WHAT THE EXERCISE ASKS
What lines below include the string "socketlens"? Pick them out and copy them.
================================
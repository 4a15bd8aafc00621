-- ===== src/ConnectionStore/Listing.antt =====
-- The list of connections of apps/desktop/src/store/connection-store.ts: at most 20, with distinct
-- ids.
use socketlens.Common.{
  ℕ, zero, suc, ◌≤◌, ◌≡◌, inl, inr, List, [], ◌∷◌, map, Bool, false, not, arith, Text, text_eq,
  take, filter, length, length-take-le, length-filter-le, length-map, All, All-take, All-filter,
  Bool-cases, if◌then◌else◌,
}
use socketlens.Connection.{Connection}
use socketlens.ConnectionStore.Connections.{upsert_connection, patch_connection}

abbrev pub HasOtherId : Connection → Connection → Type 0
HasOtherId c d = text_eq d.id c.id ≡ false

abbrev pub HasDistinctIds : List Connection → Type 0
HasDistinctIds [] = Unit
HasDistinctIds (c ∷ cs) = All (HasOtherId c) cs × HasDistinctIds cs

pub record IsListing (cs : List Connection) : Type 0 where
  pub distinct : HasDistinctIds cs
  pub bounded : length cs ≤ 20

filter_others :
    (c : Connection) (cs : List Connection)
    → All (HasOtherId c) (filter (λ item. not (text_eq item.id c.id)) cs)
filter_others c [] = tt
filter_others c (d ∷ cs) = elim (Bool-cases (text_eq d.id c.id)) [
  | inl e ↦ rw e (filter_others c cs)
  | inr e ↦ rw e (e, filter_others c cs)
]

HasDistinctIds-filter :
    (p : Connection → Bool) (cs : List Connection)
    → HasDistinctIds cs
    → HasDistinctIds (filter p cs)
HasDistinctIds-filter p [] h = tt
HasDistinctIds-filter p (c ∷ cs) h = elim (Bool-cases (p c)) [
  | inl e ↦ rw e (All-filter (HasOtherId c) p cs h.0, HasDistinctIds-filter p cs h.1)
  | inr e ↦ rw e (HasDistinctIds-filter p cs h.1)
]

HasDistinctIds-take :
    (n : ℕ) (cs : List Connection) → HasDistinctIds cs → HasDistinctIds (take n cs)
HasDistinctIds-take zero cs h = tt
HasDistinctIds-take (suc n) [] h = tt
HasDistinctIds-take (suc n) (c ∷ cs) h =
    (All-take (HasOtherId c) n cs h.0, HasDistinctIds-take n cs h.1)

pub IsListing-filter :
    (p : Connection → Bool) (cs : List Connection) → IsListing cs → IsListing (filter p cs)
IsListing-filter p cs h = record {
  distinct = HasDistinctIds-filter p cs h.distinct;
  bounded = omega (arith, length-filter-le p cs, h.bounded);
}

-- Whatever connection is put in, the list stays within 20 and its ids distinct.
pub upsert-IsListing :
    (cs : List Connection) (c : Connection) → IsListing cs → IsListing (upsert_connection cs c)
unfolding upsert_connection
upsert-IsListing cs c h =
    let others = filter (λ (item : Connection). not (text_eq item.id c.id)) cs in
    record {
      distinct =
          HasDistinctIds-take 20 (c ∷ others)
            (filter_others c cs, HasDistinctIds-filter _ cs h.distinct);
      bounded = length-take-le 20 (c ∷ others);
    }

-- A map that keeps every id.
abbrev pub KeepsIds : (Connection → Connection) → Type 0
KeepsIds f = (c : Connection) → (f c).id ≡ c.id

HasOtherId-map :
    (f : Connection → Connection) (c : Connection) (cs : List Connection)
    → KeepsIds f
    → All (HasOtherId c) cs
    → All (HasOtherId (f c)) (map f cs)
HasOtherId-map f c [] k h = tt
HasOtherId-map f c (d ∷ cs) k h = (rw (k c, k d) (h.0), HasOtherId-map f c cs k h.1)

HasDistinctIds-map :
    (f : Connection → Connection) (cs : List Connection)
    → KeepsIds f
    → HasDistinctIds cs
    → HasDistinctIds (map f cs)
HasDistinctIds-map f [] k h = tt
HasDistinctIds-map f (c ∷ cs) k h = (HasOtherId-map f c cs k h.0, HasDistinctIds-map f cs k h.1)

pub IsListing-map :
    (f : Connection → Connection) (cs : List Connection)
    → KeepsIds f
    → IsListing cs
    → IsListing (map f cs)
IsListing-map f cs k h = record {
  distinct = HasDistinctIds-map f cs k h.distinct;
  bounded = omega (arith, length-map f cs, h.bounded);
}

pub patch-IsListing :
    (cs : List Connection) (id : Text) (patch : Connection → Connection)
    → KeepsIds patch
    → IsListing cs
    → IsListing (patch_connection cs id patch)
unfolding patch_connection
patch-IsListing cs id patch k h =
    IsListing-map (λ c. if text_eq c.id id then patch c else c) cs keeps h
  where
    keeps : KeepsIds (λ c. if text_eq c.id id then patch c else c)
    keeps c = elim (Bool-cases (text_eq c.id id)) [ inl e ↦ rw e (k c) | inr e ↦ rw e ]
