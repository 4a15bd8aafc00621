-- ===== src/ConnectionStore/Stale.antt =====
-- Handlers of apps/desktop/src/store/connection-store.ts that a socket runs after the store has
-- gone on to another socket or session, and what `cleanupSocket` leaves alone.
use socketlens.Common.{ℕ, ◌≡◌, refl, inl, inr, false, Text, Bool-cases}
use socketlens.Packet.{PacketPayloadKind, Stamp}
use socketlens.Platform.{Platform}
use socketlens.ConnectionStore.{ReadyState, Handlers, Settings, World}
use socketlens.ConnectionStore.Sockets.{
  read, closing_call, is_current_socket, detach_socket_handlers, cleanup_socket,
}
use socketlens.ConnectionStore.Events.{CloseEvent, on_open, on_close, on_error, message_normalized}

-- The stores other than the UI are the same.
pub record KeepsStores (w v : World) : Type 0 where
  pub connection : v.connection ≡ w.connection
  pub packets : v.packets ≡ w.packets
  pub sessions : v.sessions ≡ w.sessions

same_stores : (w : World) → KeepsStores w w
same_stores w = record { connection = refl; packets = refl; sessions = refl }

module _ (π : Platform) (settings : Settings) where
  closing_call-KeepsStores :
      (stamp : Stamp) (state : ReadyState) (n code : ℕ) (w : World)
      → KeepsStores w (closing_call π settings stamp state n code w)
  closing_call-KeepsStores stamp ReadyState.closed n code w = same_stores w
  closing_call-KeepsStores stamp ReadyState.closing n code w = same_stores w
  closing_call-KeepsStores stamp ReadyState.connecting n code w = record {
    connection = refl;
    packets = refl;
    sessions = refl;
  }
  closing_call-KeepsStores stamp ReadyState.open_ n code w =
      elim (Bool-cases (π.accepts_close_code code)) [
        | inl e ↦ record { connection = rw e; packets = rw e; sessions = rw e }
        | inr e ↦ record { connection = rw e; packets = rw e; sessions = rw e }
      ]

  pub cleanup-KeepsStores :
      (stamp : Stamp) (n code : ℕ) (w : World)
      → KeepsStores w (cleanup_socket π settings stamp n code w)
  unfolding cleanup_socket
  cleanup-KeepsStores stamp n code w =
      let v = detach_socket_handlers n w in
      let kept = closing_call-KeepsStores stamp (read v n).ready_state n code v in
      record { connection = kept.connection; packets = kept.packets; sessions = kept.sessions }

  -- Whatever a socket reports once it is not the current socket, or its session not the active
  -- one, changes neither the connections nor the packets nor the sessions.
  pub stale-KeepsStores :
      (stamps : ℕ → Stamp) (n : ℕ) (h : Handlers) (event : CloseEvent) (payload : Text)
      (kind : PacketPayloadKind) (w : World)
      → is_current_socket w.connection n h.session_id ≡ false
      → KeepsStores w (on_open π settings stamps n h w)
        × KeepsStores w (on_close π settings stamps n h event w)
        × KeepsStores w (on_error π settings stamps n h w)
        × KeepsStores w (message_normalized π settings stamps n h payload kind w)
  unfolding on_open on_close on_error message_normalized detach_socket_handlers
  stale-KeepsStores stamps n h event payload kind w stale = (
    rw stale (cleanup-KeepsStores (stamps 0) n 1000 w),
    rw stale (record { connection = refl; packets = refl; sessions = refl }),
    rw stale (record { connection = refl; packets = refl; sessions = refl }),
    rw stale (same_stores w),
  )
================================
SOLUTION BELOW
use socketlens.Common.{
use socketlens.Connection.{Connection}
use socketlens.ConnectionStore.Connections.{upsert_connection, patch_connection}
use socketlens.Common.{ℕ, ◌≡◌, refl, inl, inr, false, Text, Bool-cases}
use socketlens.Packet.{PacketPayloadKind, Stamp}
use socketlens.Platform.{Platform}
use socketlens.ConnectionStore.{ReadyState, Handlers, Settings, World}
use socketlens.ConnectionStore.Sockets.{
use socketlens.ConnectionStore.Events.{CloseEvent, on_open, on_close, on_error, message_normalized}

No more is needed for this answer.